» **The problem**
Each line of the listing that includes the string "Push" is to be identified and copied.

[Data Boundary: Start]

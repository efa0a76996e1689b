-- ===== src/Realtime/Setup/Subscribed.antt =====
-- What a subscription to a user, a group or a direct message leaves in the client.
use matrix_groupme_bridge.Prelude.{
  ℕ, ◌≡◌, refl, ap, String, List, [], ◌∷◌, ◌++◌, Option, none, some, true, false, Outcome, done,
  panics, unfinished, Ends, Ends-mono, Ends-continue, length, get_elem?, continue, pure,
}
use matrix_groupme_bridge.Faye.Transport.{Net}
use matrix_groupme_bridge.Faye.Client.{Subscription, Sys}
use matrix_groupme_bridge.Faye.Client.Stable.{Stable}
use matrix_groupme_bridge.Faye.Subscribe.{until_subscribed, append_subscription, wait_subscribe}
use matrix_groupme_bridge.Faye.Subscribe.Stable.{until_subscribed-Keeps}
use matrix_groupme_bridge.Realtime.Push.{subscribe_with_prefix}
use matrix_groupme_bridge.Realtime.Setup.{Push, subscribe_channel_of, forward, follow}

get_elem?-append_last {ℓ} :
    {A : Type ℓ} (xs : List A) (x : A) → get_elem? (xs ++ x ∷ []) (length xs) ≡ some x
get_elem?-append_last [] x = refl
get_elem?-append_last (y ∷ xs) x = get_elem?-append_last xs x

-- The new subscription is the last of the client's list.
pub record IsSubscribed (net : Net) (name : String) (c_new : ℕ) (s u : Sys net) : Type 0 where
  pub sub : Subscription
  pub stored : get_elem? u.subs (length s.subs) ≡ some sub
  pub channel : sub.channel ≡ name
  pub msg_chan : sub.msg_chan ≡ c_new
  pub listed : u.client.subscriptions ≡ s.client.subscriptions ++ length s.subs ∷ []
  pub state : u.client.state ≡ s.client.state
  pub extns : u.client.extns ≡ s.client.extns

module _ (net : Net) where
  -- The subscription stands in the store, and the list is as it was.
  abbrev IsStored : Subscription → Sys net → Sys net → Type 0
  IsStored sub s u =
      (get_elem? u.subs (length s.subs) ≡ some sub)
      × (u.client.subscriptions ≡ s.client.subscriptions)
      × (u.client.state ≡ s.client.state)
      × (u.client.extns ≡ s.client.extns)

  IsStored-stable : (sub : Subscription) (s : Sys net) → Stable net (IsStored sub s)
  IsStored-stable sub s = record {
    counted = λ u msg h. h;
    elsewhere = λ u w h. h;
    advised = λ u a h. h;
    handed = λ u ms h. h;
    delivered = λ u c m h. h;
  }

  until_subscribed-IsStored :
      (fuel : ℕ) (sub : Subscription) (s : Sys net)
      → Ends
          (λ _ u. IsStored sub s u)
          (until_subscribed net fuel (length s.subs) (record s { subs = s.subs ++ sub ∷ [] }))
  until_subscribed-IsStored fuel sub s =
      (until_subscribed-Keeps net (IsStored sub s) (IsStored-stable sub s) (length s.subs)
          (λ u p e h. h) fuel).at
        _ (get_elem?-append_last s.subs sub, refl, refl, refl)

  pub wait_subscribe-IsSubscribed :
      (fuel : ℕ) (channel : String) (c_new : ℕ) (s : Sys net)
      → Ends (λ _ u. IsSubscribed net channel c_new s u) (wait_subscribe net fuel channel c_new s)
  unfolding wait_subscribe append_subscription
  wait_subscribe-IsSubscribed fuel channel c_new s =
      Ends-continue (λ _ u. IsSubscribed net channel c_new s u)
        (until_subscribed net fuel (length s.subs) _) _
        (Ends-mono _ _ (until_subscribed net fuel (length s.subs) _)
          (λ _ u h. record {
            sub = record {
              channel = channel;
              msg_chan = c_new;
              polling = false;
              stop_polling = false;
            };
            stored = h.0;
            channel = refl;
            msg_chan = refl;
            listed = ap (λ is. is ++ length s.subs ∷ []) h.1;
            state = h.2;
            extns = h.3;
          })
          (until_subscribed-IsStored fuel _ s))

-- What `subscribeWithPrefix` leaves, once `Setup` has run.
pub record IsForwarded (net : Net) (name : String) (s : Push net) (e : Option String) (u : Push net)
    : Type 0 where
  pub succeeded : e ≡ none
  pub subscribed : IsSubscribed net name (length s.forwarded) s.faye u.faye
  pub forwarded : u.forwarded ≡ s.forwarded ++ length s.forwarded ∷ []
  pub subscription : u.subscription ≡ s.subscription
  pub loops : u.loops ≡ s.loops

module _ (net : Net) where
  forward-IsForwarded :
      (name : String) (s : Push net) (o : Outcome (Sys net) (Unit {0}))
      → Ends (λ _ u. IsSubscribed net name (length s.forwarded) s.faye u) o
      → Ends
          (IsForwarded net name s)
          (follow s (continue o (λ _. pure none)) (forward net (length s.forwarded)))
  unfolding forward
  forward-IsForwarded name s (done _ u) h = record {
    succeeded = refl;
    subscribed = h;
    forwarded = refl;
    subscription = refl;
    loops = refl;
  }
  forward-IsForwarded name s (panics p) h = tt
  forward-IsForwarded name s unfinished h = tt

  -- After `Setup` a subscription that returns reports no error.
  pub subscribe_channel_of-IsForwarded :
      (fuel : ℕ) (name : String) (s : Push net)
      → s.started ≡ true
      → Ends (IsForwarded net name s) (subscribe_channel_of net fuel name s)
  unfolding subscribe_channel_of subscribe_with_prefix
  subscribe_channel_of-IsForwarded fuel name s h = simp h (
      forward-IsForwarded name s (wait_subscribe net fuel name (length s.forwarded) s.faye)
        (wait_subscribe-IsSubscribed net fuel name (length s.forwarded) s.faye))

[Data Boundary: End]

» **Task result**
use matrix_groupme_bridge.Realtime.Push.{subscribe_with_prefix}
use matrix_groupme_bridge.Realtime.Setup.{Push, subscribe_channel_of, forward, follow}
pub record IsForwarded (net : Net) (name : String) (s : Push net) (e : Option String) (u : Push net)
      (name : String) (s : Push net) (o : Outcome (Sys net) (Unit {0}))
      (fuel : ℕ) (name : String) (s : Push net)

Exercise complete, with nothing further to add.